Creditreform Unternehmermagazin

Creditreform Magazin, 15.03.2011


Noch spricht alle Welt vom akkubetriebenen Elektroauto, doch 2015 soll bereits das Zeitalter des Wasserstoffmobils beginnen.

Mehr Reichweite, weniger Gewicht, größerer Laderaum – wir zeigen, was das Brennstoffzellenauto besser kann als der batteriebetriebene Verwandte.

Berlin West, Heerstraße, Total Tankstelle: Das Einfädeln in den vorbeibrausenden Verkehr ist nur mit einem scharfen Spurt zu schaffen. Trotz kräftigem Tritt auf das Gaspedal heult der Motor des knapp zwei Tonnen schweren Geländewagens nicht auf. Fast wie ein  Sportwagen schießt er nach vorne, lediglich Reifenrollgeräusche und der Fahrtwind sind zu hören. „Das ist die Zukunft und nicht Elektro“, sagt Dirk Breuer, bei Toyota Deutschland zuständig für neue Techniken. Für ihn sind reine akkubetriebene Fahrzeuge eine Zwischenstation auf dem Weg ins Zeitalter der Brennstoffzelle: Wasser- und Sauerstoff werden im Automobil so zusammengeführt, dass elektrischer Strom entsteht, der in den für den Antrieb zuständigen Elektromotor fließt. Aus dem Auspuff kommt nur Wasserdampf.

Und: Autos mit Wasserstoff kämen mit einer Tankfüllung bis zu sechsmal weiter als E-Fahrzeuge, so Breuer. Damit eigne sich diese Antriebstechnik endlich auch für Transporter, schwere Brummis und Busse, also generell für den Überlandverkehr – wegen der größeren Reichweite sowie des geringen Platz- und Gewichtsbedarfs des Energiespeichers. „Überhaupt erfüllen Wasserstoffmobile alle heutigen Fahr-, Nutzungs- und Komfortansprüche, die für Fahrzeuge mit Verbrennungsmotor gelten“, fasst der Toyota-Ingenieur zusammen.

Wer in Berlin mit dabei war, ist geneigt das zu glauben: Dem japanischen Off- Roader „Highlander FCHV-adv“ ist die neuartige Vortriebslösung nicht anzusehen. Im Gegenteil: Außenmaße, Platzverhältnisse im Innenraum und Zuladung gleichen dem Modell mit Benziner oder Diesel. Ebenso die Reichweite von rund 600 Kilometern sowie die Tankzeit von zirka drei Minuten. 2015 soll der Brennstoffzellenwagen auf den hiesigen Markt kommen.

Auch Christian Mohrdieck, Leiter Brennstoffzellen- und Batterieantriebsentwicklung bei Daimler, freut sich auf 2015: „Dann sind die Brennstoffzellenfahrzeuge auf dem Niveau der heutigen Hybridfahrzeuge und bei vergleichbarer Leistung kostengünstiger als Batteriefahrzeuge.“ Dabei verweist er auf die Lösung F-Cell von Mercedes und auf Ergebnisse der Clean Energy Partnership (CEP), zu deren Mitgliedern neben Daimler und Toyota auch BMW, Volkswagen, Ford, General Motors, Shell und Total gehören. Das gemeinsame Ziel: In vier Jahren sollen Wasserstoffautos serienreif und bezahlbar sein – und an 1.000 Wasserstofftankstellen auftanken können. Derzeit allerdings gibt es im Bundesgebiet gerade einmal 31 Tankstationen, darunter die Total in der Berliner Heerstrasse, die größte. Mehr als zwei Millionen Euro sind für eine Zapfeinrichtung der Zukunft zu veranschlagen, eine herkömmliche Anlage kostet knapp die Hälfte.

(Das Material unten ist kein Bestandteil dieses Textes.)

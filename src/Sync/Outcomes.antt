-- ===== src/Sync/Outcomes.antt =====
-- Facts on the outcome of a loop, and on all stages of a list.
use martinez.Base.{List, [], ◌∷◌, ◌++◌, ◌≡◌, refl, Result, ok, err}
use martinez.Sync.Types.{Stage, Outcome, ret, fail, unfinished, ◌>>=◌, lift}
use martinez.Sync.Loop.{rev}

-- It ends, with an error or with a value that has the property.
abbrev pub Ends {ℓ} : {A : Type ℓ} → (A → Type 0) → Outcome A → Type 0
Ends P (ret a) = P a
Ends P (fail e) = Unit
Ends P unfinished = ⊥

pub Ends-bind {ℓ κ} :
    {A : Type ℓ} {B : Type κ} (P : A → Type 0) (Q : B → Type 0) (m : Outcome A) (f : A → Outcome B)
    → Ends P m
    → ((a : A) → P a → Ends Q (f a))
    → Ends Q (m >>= f)
Ends-bind P Q (ret a) f h k = k a h
Ends-bind P Q (fail e) f h k = tt
Ends-bind P Q unfinished f h k = h

pub Ends-map {ℓ} :
    {A : Type ℓ} (P Q : A → Type 0) (m : Outcome A) → Ends P m → ((a : A) → P a → Q a) → Ends Q m
Ends-map P Q (ret a) h k = k a h
Ends-map P Q (fail e) h k = tt
Ends-map P Q unfinished h k = h

pub Ends-lift : {A : Type 0} (r : Result A) → Ends (λ a. r ≡ ok a) (lift r)
Ends-lift (ok a) = refl
Ends-lift (err e) = tt

abbrev pub AllStages : {T W : Type 0} → (Stage T W → Type 0) → List (Stage T W) → Type 0
AllStages P [] = Unit
AllStages P (stage ∷ rest) = P stage × AllStages P rest

module _ {T W : Type 0} where
  pub AllStages-map :
      (P Q : Stage T W → Type 0) (xs : List (Stage T W))
      → ((stage : Stage T W) → P stage → Q stage)
      → AllStages P xs
      → AllStages Q xs
  AllStages-map P Q [] k h = tt
  AllStages-map P Q (x ∷ xs) k h = (k x h.0, AllStages-map P Q xs k h.1)

  AllStages-append :
      (P : Stage T W → Type 0) (xs ys : List (Stage T W))
      → AllStages P xs
      → AllStages P ys
      → AllStages P (xs ++ ys)
  AllStages-append P [] ys h k = k
  AllStages-append P (x ∷ xs) ys h k = (h.0, AllStages-append P xs ys h.1 k)

  pub AllStages-rev :
      (P : Stage T W → Type 0) (xs : List (Stage T W)) → AllStages P xs → AllStages P (rev xs)
  AllStages-rev P [] h = tt
  AllStages-rev P (x ∷ xs) h =
      AllStages-append P (rev xs) (x ∷ []) (AllStages-rev P xs h.1) (h.0, tt)

  AllStages-split :
      (P : Stage T W → Type 0) (xs ys : List (Stage T W))
      → AllStages P (xs ++ ys)
      → AllStages P xs × AllStages P ys
  AllStages-split P [] ys h = (tt, h)
  AllStages-split P (x ∷ xs) ys h =
      let (front, back) = AllStages-split P xs ys h.1 in ((h.0, front), back)

  pub AllStages-of_rev :
      (P : Stage T W → Type 0) (xs : List (Stage T W)) → AllStages P (rev xs) → AllStages P xs
  AllStages-of_rev P [] h = tt
  AllStages-of_rev P (x ∷ xs) h =
      let (front, back) = AllStages-split P (rev xs) (x ∷ []) h in
      (back.0, AllStages-of_rev P xs front)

Trotz dieses finanziellem Handicap zeigt sich Veit Steinle, Abteilungsleiter im Bundesverkehrsministerium, zuversichtlich: „2020 werden wir ein ausreichendes Versorgungsnetz für 500.000 zugelassene Fahrzeuge mit Brennstoffzelle haben.“ Ähnlich optimistisch äußern sich Detlef Stolten, Leiter des Instituts für Brennstoffzellenforschung im Forschungszentrum Jülich, und Johannes Töpfer, Vorsitzender des Deutschen Wasserstoff- und Brennstoffzellenverbands (DWV). Den Massenmarkt sehen sie allerdings nicht vor 2030.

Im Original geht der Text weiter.